The large amount of amplification needed to get usable material from single cells cause us to get detectable signal from minor effects such as ribosomal RNA or TSO concatemers. This also means reagents need to be particularly pure. Several studies have inviestigated the bacterial contents in kits used for sequencing studies, investigating the 'kitome'.
Reagents might have a small amount of contamination which will not be detectable in the "bulk" assays with more input material it was designed for, or even for relatively large single cells.
In particular, some commercial reverse transcriptases have been reported to contain contaminating bacteria. This thread on Seqansweres is generally recommended for anyone using scRNA-seq. A few years ago multiple people reported electropherograms which showed different sample purity depending on the reagent lot. This is an illustrateive plot reported by user
The thread contains more examples good vs bad lots of reagents. They also reported which lots they had had success or failure with. For the data analyzed in the previous posts of the series, SuperScript II has also been used, though I don't know the lot number.
The company producing SuperScript II later acknowledged a couple of lots where contamination of E. coli had beed detected.
Analysing the reads from my data, I didn't see contribution from E. coli, however, I did find contamination from Pseudomonas.
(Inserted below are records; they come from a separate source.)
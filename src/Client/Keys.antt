-- ===== src/Client/Keys.antt =====
-- The keys of `DBConnector::generatePayloadId`, cpp/include/nsb.h: when two of them are equal.
use nsb_beta.Base.{
  ℕ, suc, ◌+◌, ◌%◌, ◌^◌, ◌≤◌, ◌<◌, ◌≡◌, refl, sym, ap, ◌≢◌, List, [], ◌∷◌, ◌++◌, arith, length,
  Bytes, Lacks, split_first, split_last, ℤ, pos, negsuc, to_int32, decimal, to_string,
  decimal-injective, Lacks-decimal, decimal-ne-nil,
}
use nsb_beta.Client.Redis.{Connector, payload_id, generate_payload_id}

digits_lack_dash : (n : ℕ) → Lacks b'-' (decimal n)
digits_lack_dash n = Lacks-decimal b'-' n (λ d h. omega arith)

-- A number that is not negative does not begin with a dash.
no_sign : (ds u w : Bytes) → ds ≢ [] → Lacks b'-' ds → ds ++ b'-' ∷ u ≢ b'-' ∷ w
no_sign [] u w some_digit h e = some_digit refl
no_sign (d ∷ ds) u w some_digit h e = h.0 (cc)

-- The time is what stands before the first dash that is no sign.
time_of_key :
    (i j : ℤ) (u v : Bytes)
    → to_string i ++ b'-' ∷ u ≡ to_string j ++ b'-' ∷ v
    → (to_string i ≡ to_string j) × (u ≡ v)
unfolding to_string
time_of_key (pos m) (pos n) u v e =
    split_first b'-' (decimal m) (decimal n) u v (digits_lack_dash m) (digits_lack_dash n) e
time_of_key (negsuc m) (negsuc n) u v e =
    let (p, q) =
      split_first b'-' (decimal (suc m)) (decimal (suc n)) u v (digits_lack_dash (suc m))
        (digits_lack_dash (suc n)) (cc) in
    (ap (λ ds. b'-' ∷ ds) p, q)
time_of_key (pos m) (negsuc n) u v e =
    absurd (no_sign (decimal m) u _ (decimal-ne-nil m) (digits_lack_dash m) e)
time_of_key (negsuc m) (pos n) u v e =
    absurd (no_sign (decimal n) v _ (decimal-ne-nil n) (digits_lack_dash n) (sym e))

-- Two keys are equal only if the client, the counter and the text of the clock's reading as an
-- `int` are.
pub payload_id-injective :
    (now now' : ℕ) (id id' : Bytes) (n n' : ℕ)
    → payload_id now id n ≡ payload_id now' id' n'
    → (to_string (to_int32 now) ≡ to_string (to_int32 now')) × (id ≡ id') × (n ≡ n')
unfolding payload_id to_string
payload_id-injective now now' id id' n n' e =
    let (time, rest) = time_of_key (to_int32 now) (to_int32 now') _ _ e in
    let (client, counter) =
      split_last b'-' id id' (decimal n) (decimal n') (digits_lack_dash n) (digits_lack_dash n')
        rest in
    (time, client, decimal-injective n n' counter)

-- The keys of one connector in a row, at the clock's readings.
pub keys : List ℕ → Connector → List Bytes
keys [] c = []
keys (now ∷ later) c = let (key, c') = generate_payload_id now c in key ∷ keys later c'

-- `key` is not among the keys.
abbrev pub Fresh : Bytes → List Bytes → Type 0
Fresh key [] = Unit {0}
Fresh key (k ∷ ks) = (key ≢ k) × Fresh key ks

-- No key comes twice.
abbrev pub AllFresh : List Bytes → Type 0
AllFresh [] = Unit {0}
AllFresh (k ∷ ks) = Fresh k ks × AllFresh ks

-- A counter does not come back to `n` before 2^20 steps.
Fresh-keys :
    (now n gap : ℕ) (later : List ℕ) (c : Connector)
    → n < 2 ^ 20
    → c.plctr ≡ (n + gap) % 2 ^ 20
    → gap + length later < 2 ^ 20
    → Fresh (payload_id now c.client_id n) (keys later c)
unfolding keys generate_payload_id
Fresh-keys now n gap [] c h e k = tt
Fresh-keys now n gap (t ∷ later) c h e k = (
  λ same.
      let (_, _, counter) = payload_id-injective now t c.client_id c.client_id n _ same in
      omega arith,
  Fresh-keys now n (gap + 1) later (record c { plctr = (c.plctr + 1) % 2 ^ 20 }) h (omega arith)
      (omega arith),
)

-- Among up to 2^20 keys in a row that one connector generates no two are equal, whatever the clock
-- reads at each of them.
pub keys-AllFresh : (nows : List ℕ) (c : Connector) → length nows ≤ 2 ^ 20 → AllFresh (keys nows c)
unfolding keys generate_payload_id
keys-AllFresh [] c h = tt
keys-AllFresh (now ∷ later) c h =
    let c' : Connector = record c { plctr = (c.plctr + 1) % 2 ^ 20 } in
    (
      Fresh-keys now c'.plctr 0 later c' (omega arith) (omega arith) (omega arith),
      keys-AllFresh later c' (omega arith),
    )
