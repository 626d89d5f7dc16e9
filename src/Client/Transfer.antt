-- ===== src/Client/Transfer.antt =====
-- What `SocketInterface` of cpp/src/nsb.cc sends.
use Prim.Native.Nat.add
use native.Mathlib.Nat.{add-zero}
use nsb_beta.Base.{
  ℕ, zero, suc, ◌+◌, ◌^◌, ◌≤◌, ◌<◌, ◌≡◌, refl, sym, Bool, true, false, some, List, [], ◌∷◌, ◌++◌,
  arith, length, take, drop, take-append-drop, Bytes, pos, negsuc, to_int32_small,
  to_int32_negative,
}
use nsb_beta.Client.Socket.{SendResult, wrote, again, failed, send_loop, send_message}

drop_all : (n : ℕ) (m : Bytes) → length m ≤ n → drop n m ≡ []
drop_all zero [] h = refl
drop_all zero (x ∷ m) h = elim h [ ]
drop_all (suc n) [] h = refl
drop_all (suc n) (x ∷ m) h = drop_all n m (omega arith)

drop-drop : (n k : ℕ) (m : Bytes) → drop k (drop n m) ≡ drop (n + k) m
drop-drop zero k m = rw (add.zero k)
drop-drop (suc n) zero [] = rw add-zero
drop-drop (suc n) (suc k) [] = rw (add.suc n (suc k))
drop-drop (suc n) k (x ∷ m) = rw (add.suc n k) (drop-drop n k m)

-- One call moves a part of what is left.
take-append-drop_at :
    (n total : ℕ) (m : Bytes) → take n (drop total m) ++ drop (total + n) m ≡ drop total m
take-append-drop_at n total m = rw (← drop-drop total n m) (take-append-drop n (drop total m))

send_loop_delivers :
    (calls : List SendResult) (m : Bytes) (total : ℕ)
    → (send_loop calls m (pos (length m)) total).status ≡ some (pos 0)
    → (send_loop calls m (pos (length m)) total).delivered ≡ drop total m
unfolding send_loop
send_loop_delivers [] m total h = sym (drop_all total m (ground arith))
send_loop_delivers (again ∷ calls) m total h =
    ground (arith, drop_all total m, send_loop_delivers calls m total)
send_loop_delivers (failed ∷ calls) m total h = ground (arith, drop_all total m)
send_loop_delivers (wrote n ∷ calls) m total h =
    ground (
      arith,
      drop_all total m,
      send_loop_delivers calls m (total + n),
      take-append-drop_at n total m,
    )

-- When `sendMessage` returns 0 for a message whose size fits an `int`, the peer has been given the
-- whole message, in order, whatever the calls of `send` took and however often they had to wait.
pub send_message_delivers :
    (calls : List SendResult) (m : Bytes)
    → length m < 2 ^ 31
    → (send_message calls m).status ≡ some (pos 0)
    → (send_message calls m).delivered ≡ m
unfolding send_message
send_message_delivers calls m fits h =
    rw (to_int32_small (length m) fits)
      (send_loop_delivers calls m 0 (rw (to_int32_small (length m) fits) at h))

-- The bytes that the calls take, if all are tried, and whether one of them fails.
unfoldable pub taken : List SendResult → ℕ
taken [] = 0
taken (wrote n ∷ calls) = n + taken calls
taken (again ∷ calls) = taken calls
taken (failed ∷ calls) = taken calls

unfoldable pub none_fails : List SendResult → Bool
none_fails [] = true
none_fails (wrote n ∷ calls) = none_fails calls
none_fails (again ∷ calls) = none_fails calls
none_fails (failed ∷ calls) = false

send_loop_finishes :
    (calls : List SendResult) (size total : ℕ) (m : Bytes)
    → none_fails calls ≡ true
    → size ≤ total + taken calls
    → (send_loop calls m (pos size) total).status ≡ some (pos 0)
unfolding send_loop taken none_fails
send_loop_finishes [] size total m h k = ground arith
send_loop_finishes (again ∷ calls) size total m h k =
    ground (arith, send_loop_finishes calls size total m)
send_loop_finishes (failed ∷ calls) size total m h k = cc
send_loop_finishes (wrote n ∷ calls) size total m h k =
    ground (arith, send_loop_finishes calls size (total + n) m)

-- For a message whose size fits an `int`, `sendMessage` returns 0, and has delivered the whole
-- message, if the calls of `send` together take as many bytes as it has and none of them fails.
pub send_message_finishes :
    (calls : List SendResult) (m : Bytes)
    → length m < 2 ^ 31
    → none_fails calls ≡ true
    → length m ≤ taken calls
    → send_message calls m ≡ record { delivered = m; status = some (pos 0) }
unfolding send_message
send_message_finishes calls m fits h k =
    let sent = send_loop_finishes calls (length m) 0 m h (omega arith) in
    rw (to_int32_small (length m) fits)
      (λ i. record { delivered = send_loop_delivers calls m 0 sent i; status = sent i })

negative_size :
    (calls : List SendResult) (m : Bytes) (n : ℕ)
    → send_loop calls m (negsuc n) 0 ≡ record { delivered = []; status = some (pos 0) }
unfolding send_loop
negative_size [] m n = refl
negative_size (c ∷ calls) m n = refl

-- A message of 2 GiB or more, up to 4 GiB, is reported as sent although no byte was: its size is
-- negative as an `int`.
pub send_message_oversized :
    (calls : List SendResult) (m : Bytes)
    → 2 ^ 31 ≤ length m
    → length m < 2 ^ 32
    → send_message calls m ≡ record { delivered = []; status = some (pos 0) }
unfolding send_message
send_message_oversized calls m h k = rw (to_int32_negative (length m) h k) (negative_size calls m _)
This bacterial family have also been reported in papers describing reagent contamination.
I added sequences for Pseudomonas 16S and 23S to the Salmon reference, reran the samples, and compared the results to the previous iteration.
With this addition the mapping rate for the majority of the cells jump up to ~75%!
From the scatter plot above we can see that before adding the Pseudomonas sequences, the mapping rate was more heterogenous. As we did before, we can see if this relates to the individual plates.
It is quite interesting that some plates have a larger contribution of TSO concatemers while others have larger contributions of bacterial sequences. All these plates are suppowed to have the same lots of reagents. However, the plates are sorted on different days then stored in a freezer until the experiment is done. It might be the case that TSO products and bacterial products degrade differently due to this.
(I should also acknowledge Luisa for pointing me to various bacterial resources.)